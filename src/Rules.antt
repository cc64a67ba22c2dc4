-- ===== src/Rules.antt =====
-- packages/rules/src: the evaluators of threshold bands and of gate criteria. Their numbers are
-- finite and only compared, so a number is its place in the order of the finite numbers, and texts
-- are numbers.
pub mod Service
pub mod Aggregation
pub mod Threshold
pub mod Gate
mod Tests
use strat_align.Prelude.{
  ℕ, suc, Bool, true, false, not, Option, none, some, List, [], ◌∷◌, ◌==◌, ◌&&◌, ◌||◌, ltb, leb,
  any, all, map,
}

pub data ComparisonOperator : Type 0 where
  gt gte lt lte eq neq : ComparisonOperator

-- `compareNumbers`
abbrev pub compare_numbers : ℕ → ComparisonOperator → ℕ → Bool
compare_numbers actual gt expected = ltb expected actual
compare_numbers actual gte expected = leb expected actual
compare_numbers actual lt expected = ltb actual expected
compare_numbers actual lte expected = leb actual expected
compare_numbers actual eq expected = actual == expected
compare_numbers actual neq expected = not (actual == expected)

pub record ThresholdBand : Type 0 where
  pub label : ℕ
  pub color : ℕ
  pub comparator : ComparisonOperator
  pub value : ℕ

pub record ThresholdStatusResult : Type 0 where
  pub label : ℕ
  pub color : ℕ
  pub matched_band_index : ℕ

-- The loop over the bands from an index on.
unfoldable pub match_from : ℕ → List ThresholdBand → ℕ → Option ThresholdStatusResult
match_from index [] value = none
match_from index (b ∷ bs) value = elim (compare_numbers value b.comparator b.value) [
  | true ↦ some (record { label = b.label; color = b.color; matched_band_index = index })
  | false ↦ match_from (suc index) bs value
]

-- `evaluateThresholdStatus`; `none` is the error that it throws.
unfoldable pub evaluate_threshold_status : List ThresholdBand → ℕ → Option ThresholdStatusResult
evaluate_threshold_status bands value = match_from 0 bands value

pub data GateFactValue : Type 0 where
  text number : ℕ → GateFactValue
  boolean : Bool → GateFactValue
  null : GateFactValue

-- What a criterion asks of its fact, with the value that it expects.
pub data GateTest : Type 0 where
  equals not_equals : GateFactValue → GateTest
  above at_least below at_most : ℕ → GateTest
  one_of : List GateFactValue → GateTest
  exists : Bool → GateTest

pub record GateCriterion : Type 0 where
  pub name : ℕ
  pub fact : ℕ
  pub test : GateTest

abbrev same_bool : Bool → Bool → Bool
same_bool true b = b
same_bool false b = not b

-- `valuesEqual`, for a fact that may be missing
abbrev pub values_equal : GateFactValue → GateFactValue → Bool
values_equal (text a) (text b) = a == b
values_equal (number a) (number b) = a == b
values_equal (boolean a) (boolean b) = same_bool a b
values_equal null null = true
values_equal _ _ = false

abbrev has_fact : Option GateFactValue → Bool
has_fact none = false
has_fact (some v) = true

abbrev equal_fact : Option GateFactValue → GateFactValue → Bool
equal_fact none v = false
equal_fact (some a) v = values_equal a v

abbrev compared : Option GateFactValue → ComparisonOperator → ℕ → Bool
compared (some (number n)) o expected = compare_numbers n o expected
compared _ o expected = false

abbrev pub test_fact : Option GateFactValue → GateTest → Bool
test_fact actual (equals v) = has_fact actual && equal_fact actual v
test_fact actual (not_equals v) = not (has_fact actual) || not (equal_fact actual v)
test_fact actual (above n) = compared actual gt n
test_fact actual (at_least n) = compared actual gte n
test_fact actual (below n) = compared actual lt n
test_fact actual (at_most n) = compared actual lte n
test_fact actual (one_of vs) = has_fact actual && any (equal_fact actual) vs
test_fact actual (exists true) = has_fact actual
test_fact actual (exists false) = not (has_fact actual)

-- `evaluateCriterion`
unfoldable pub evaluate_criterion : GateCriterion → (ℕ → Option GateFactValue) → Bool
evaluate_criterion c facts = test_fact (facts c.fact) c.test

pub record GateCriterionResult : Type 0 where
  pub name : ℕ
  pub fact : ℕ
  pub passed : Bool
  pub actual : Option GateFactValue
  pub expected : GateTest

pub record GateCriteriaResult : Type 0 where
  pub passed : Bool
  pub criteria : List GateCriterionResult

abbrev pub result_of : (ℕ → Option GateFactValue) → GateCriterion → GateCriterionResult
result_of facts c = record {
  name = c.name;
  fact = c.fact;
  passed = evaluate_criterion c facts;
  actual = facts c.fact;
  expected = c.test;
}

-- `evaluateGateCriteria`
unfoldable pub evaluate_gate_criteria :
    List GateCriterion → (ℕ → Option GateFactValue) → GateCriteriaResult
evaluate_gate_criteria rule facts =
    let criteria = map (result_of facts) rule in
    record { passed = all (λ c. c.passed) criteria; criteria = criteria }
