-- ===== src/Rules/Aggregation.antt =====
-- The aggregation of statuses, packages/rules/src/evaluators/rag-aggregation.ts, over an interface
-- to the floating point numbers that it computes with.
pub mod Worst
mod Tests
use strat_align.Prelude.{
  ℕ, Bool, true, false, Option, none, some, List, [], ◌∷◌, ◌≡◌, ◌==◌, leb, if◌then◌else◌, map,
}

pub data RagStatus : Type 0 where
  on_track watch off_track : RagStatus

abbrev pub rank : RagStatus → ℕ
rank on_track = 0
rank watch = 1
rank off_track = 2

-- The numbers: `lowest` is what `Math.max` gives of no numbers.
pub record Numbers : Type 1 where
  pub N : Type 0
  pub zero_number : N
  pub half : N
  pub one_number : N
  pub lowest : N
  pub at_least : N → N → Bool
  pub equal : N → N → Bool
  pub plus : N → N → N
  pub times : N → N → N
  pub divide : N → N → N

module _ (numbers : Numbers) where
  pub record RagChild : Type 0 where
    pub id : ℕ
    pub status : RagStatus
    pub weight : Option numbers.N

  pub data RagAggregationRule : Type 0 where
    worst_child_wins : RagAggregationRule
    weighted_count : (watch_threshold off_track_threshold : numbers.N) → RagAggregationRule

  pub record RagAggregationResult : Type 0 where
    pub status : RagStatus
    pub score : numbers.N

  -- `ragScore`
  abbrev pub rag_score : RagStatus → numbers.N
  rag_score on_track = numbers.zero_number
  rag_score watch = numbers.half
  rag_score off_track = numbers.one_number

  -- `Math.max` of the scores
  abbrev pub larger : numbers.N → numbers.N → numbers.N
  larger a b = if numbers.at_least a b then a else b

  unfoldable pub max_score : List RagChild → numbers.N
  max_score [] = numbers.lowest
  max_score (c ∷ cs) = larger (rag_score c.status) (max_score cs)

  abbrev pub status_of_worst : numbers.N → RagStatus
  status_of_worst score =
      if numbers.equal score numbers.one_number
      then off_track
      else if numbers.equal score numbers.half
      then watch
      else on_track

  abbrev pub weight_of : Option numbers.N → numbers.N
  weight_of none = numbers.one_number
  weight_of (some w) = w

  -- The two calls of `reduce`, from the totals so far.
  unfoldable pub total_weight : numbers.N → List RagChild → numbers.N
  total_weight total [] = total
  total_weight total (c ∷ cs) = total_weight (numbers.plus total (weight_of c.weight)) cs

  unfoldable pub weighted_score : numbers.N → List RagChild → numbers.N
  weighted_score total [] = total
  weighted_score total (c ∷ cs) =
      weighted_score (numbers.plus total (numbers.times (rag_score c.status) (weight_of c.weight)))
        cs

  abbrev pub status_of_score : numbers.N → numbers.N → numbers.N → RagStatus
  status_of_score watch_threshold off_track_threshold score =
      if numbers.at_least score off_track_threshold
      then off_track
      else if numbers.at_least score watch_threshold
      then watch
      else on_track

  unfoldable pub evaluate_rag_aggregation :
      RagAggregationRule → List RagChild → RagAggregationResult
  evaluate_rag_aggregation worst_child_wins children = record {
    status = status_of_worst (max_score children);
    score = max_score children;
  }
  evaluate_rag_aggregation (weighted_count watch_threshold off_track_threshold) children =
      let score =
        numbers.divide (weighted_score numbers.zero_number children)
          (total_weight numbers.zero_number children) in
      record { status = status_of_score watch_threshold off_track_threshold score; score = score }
* * *
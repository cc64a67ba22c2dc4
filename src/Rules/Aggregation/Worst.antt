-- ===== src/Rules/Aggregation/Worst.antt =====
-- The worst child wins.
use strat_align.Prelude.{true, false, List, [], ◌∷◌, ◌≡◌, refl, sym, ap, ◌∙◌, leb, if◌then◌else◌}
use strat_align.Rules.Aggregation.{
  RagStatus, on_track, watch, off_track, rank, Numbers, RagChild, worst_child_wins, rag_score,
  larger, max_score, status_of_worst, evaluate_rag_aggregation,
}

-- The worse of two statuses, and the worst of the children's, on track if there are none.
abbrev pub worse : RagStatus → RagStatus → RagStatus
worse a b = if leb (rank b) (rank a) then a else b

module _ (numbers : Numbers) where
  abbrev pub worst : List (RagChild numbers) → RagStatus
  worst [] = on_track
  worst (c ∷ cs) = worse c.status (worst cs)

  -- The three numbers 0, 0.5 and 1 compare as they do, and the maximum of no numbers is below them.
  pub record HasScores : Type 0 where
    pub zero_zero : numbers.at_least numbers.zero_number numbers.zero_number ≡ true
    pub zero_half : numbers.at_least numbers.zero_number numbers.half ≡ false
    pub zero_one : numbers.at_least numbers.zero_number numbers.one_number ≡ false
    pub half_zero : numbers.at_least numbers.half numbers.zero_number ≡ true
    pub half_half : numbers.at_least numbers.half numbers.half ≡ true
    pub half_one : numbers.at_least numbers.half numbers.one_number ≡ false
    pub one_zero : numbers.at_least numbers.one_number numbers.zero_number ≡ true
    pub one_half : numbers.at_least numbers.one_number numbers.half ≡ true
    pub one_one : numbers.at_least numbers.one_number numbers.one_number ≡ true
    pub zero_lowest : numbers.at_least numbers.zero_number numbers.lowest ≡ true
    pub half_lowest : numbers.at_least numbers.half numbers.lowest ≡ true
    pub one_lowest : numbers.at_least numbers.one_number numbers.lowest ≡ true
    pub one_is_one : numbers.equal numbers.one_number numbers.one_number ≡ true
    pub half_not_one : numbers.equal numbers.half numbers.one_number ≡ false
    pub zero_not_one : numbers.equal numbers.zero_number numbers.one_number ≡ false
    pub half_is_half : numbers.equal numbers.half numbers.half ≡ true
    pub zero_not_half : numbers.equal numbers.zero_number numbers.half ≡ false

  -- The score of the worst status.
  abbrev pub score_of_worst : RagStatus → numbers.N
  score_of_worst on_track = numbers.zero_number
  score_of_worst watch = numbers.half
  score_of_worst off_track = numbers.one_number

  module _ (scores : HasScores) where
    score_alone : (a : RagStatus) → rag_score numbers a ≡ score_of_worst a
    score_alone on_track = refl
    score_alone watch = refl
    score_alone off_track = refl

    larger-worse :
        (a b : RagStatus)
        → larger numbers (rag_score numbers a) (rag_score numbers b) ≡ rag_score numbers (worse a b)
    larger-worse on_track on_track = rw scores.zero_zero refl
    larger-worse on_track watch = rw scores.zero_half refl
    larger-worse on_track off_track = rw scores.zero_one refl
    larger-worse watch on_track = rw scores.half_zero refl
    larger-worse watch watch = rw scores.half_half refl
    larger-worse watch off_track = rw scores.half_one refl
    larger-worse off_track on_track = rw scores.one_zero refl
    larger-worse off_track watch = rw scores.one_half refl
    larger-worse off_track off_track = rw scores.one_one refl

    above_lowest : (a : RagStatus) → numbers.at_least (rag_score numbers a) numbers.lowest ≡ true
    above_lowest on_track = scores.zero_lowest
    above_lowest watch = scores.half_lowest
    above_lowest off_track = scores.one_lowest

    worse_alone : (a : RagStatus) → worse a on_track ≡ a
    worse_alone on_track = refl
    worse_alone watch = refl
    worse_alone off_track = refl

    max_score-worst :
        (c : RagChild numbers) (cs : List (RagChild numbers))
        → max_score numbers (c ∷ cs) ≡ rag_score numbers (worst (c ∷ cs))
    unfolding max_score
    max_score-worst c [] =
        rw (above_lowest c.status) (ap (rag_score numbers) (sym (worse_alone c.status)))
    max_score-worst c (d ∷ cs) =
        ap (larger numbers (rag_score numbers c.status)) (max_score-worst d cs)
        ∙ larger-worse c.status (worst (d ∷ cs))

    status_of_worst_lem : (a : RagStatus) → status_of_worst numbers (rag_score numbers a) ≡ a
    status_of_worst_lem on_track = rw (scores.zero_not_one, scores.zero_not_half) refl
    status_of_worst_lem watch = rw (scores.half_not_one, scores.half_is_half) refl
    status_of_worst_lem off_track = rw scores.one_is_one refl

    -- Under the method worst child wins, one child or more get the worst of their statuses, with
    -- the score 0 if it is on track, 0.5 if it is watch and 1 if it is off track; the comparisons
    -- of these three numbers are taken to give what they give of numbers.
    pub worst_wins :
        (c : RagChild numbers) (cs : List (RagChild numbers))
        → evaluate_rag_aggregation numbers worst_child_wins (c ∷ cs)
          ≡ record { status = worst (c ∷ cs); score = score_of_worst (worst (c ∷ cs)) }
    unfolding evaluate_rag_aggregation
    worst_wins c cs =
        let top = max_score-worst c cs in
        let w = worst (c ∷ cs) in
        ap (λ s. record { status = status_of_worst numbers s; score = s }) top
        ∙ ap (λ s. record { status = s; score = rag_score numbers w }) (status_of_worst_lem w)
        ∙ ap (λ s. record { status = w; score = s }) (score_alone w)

TASK. Since only part of the listing is wanted, copy exactly the lines from the one holding "index) bs value" to the one holding "test_fact actual (not_equals", both included.

EXERCISE OUTPUT.
  | false ↦ match_from (suc index) bs value
]

-- `evaluateThresholdStatus`; `none` is the error that it throws.
unfoldable pub evaluate_threshold_status : List ThresholdBand → ℕ → Option ThresholdStatusResult
evaluate_threshold_status bands value = match_from 0 bands value

pub data GateFactValue : Type 0 where
  text number : ℕ → GateFactValue
  boolean : Bool → GateFactValue
  null : GateFactValue

-- What a criterion asks of its fact, with the value that it expects.
pub data GateTest : Type 0 where
  equals not_equals : GateFactValue → GateTest
  above at_least below at_most : ℕ → GateTest
  one_of : List GateFactValue → GateTest
  exists : Bool → GateTest

pub record GateCriterion : Type 0 where
  pub name : ℕ
  pub fact : ℕ
  pub test : GateTest

abbrev same_bool : Bool → Bool → Bool
same_bool true b = b
same_bool false b = not b

-- `valuesEqual`, for a fact that may be missing
abbrev pub values_equal : GateFactValue → GateFactValue → Bool
values_equal (text a) (text b) = a == b
values_equal (number a) (number b) = a == b
values_equal (boolean a) (boolean b) = same_bool a b
values_equal null null = true
values_equal _ _ = false

abbrev has_fact : Option GateFactValue → Bool
has_fact none = false
has_fact (some v) = true

abbrev equal_fact : Option GateFactValue → GateFactValue → Bool
equal_fact none v = false
equal_fact (some a) v = values_equal a v

abbrev compared : Option GateFactValue → ComparisonOperator → ℕ → Bool
compared (some (number n)) o expected = compare_numbers n o expected
compared _ o expected = false

abbrev pub test_fact : Option GateFactValue → GateTest → Bool
test_fact actual (equals v) = has_fact actual && equal_fact actual v
test_fact actual (not_equals v) = not (has_fact actual) || not (equal_fact actual v)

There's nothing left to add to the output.